During this game, approximately 90,000 boxing fans saw Joshua beat Klitschko after a Technical Knockout, an absolute record of attendance for a boxing match.

9. The Stadium’s Roof 

The roof of the Wembley stadium covers a total area of 40,000 square meters (430,000 square feet) but doesn’t cover the pitch. Of this, about 13,722 square meters (147,700 square feet) are movable. 

The partially-retractable roof sits 52 meters above the playground. The roof on the east, south, and west can be moved forward and backward to add or reduce the shade. This allows more sunlight onto the playing surface to help preserve and maintain the condition of the pitch.  

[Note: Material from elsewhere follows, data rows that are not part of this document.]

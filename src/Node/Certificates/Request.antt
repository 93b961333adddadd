-- ===== src/Node/Certificates/Request.antt =====
-- node/cert.go: how a controller requests and renews the certificate of its node.
use v2b_x_turbo.Base.{
  ℤ, String, Option, none, some, ok, err, string_eq, ◌==◌, ◌&&◌, ◌||◌, if◌then◌else◌,
}
use Prim.Native.String.{◌++◌}
use v2b_x_turbo.Conf.Types.{CertConfig}
use v2b_x_turbo.Node.Certificates.System.{Run, ◌>>=◌, ◌>>◌, return, fail, call, try, label, System}
use v2b_x_turbo.Node.Certificates.Account.{exists}
use v2b_x_turbo.Node.Certificates.Lego.{new_lego, create_cert, renew_cert}

module _ {W Key Reg Client Provider Cert : Type 0}
    (sys : System W Key Reg Client Provider Cert) where
  -- Neither file is truncated. `self_signed` is the certificate of a new key.
  unfoldable pub generate_self_ssl_certificate : String → String → String → Run W (Unit {0})
  generate_self_ssl_certificate domain cert_path key_path = do
    r ← call (sys.self_signed domain)
    try (sys.open_create cert_path)
    try (sys.write cert_path r.certificate)
    try (sys.open_create key_path)
    try (sys.write key_path r.private_key)

  unfoldable pub request_lego : CertConfig → Run W (Unit {0})
  request_lego config = do
    l ← label "create lego object error: " (new_lego sys config)
    label "create lego cert error: " (create_cert sys l)

  -- The two files are set, and they are made unless both are there.
  unfoldable pub unless_present : CertConfig → Run W (Unit {0}) → Run W (Unit {0})
  unfolding exists
  unless_present config make w =
      if config.cert_file == "" || config.key_file == ""
      then some (err "cert file path or key file path not exist", w)
      else if exists sys config.cert_file w && exists sys config.key_file w
      then some (ok tt, w)
      else make w

  unfoldable pub request_cert : CertConfig → Run W (Unit {0})
  unfolding unless_present request_lego generate_self_ssl_certificate
  request_cert config w =
      let mode = config.cert_mode in
      if mode == "none" || mode == ""
      then return tt w
      else if mode == "file"
      then (if config.cert_file == "" || config.key_file == ""
          then fail "cert file path or key file path not exist" w
          else return tt w)
      else if mode == "dns" || mode == "http"
      then unless_present config (request_lego config) w
      else if mode == "self"
      then unless_present config
          (label "generate self cert error: "
            (generate_self_ssl_certificate config.cert_domain config.cert_file config.key_file))
          w
      else fail ("unsupported certmode: " ++ mode) w

  -- Every error is logged, and the task returns nil.
  unfoldable pub renew_cert_task : (Cert → W → ℤ) → CertConfig → W → Option (Option String × W)
  renew_cert_task until config w = elim ((new_lego sys config >>= renew_cert sys until) w) [
    | none ↦ none
    | some (r, w') ↦ some (none, w')
  ]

Even though the roof does not completely close, it does cover every seat in the stadium protecting the spectators from the elements. This fact makes Wembley the largest fully covered stadium in the world. 

10. The Statue 

Bobby Moore Statue outside Wembley Stadium. Photo By Ronnie Macdonald – Wikimedia Commons

A twice-life-size bronze statue of Bobby Moore that stands at 20 feet welcomes visitors to the stadium. Bobby was the legendary captain of the English National Football Team in 1966 when the team won the FIFA World Cup 1966.   

Standing outside the entrance and looking over spectators as they walk down Wembley Way into the stadium, the statue was unveiled as the “finishing touch” on 11th May 2007 a week before the official opening of the New Wembley Stadium. 

Unveiled fourteen years after Moore’s death from cancer at the age of 51 years, the statue was revealed by Sir Bobby Charlton who was a member of the England team that won the World Cup.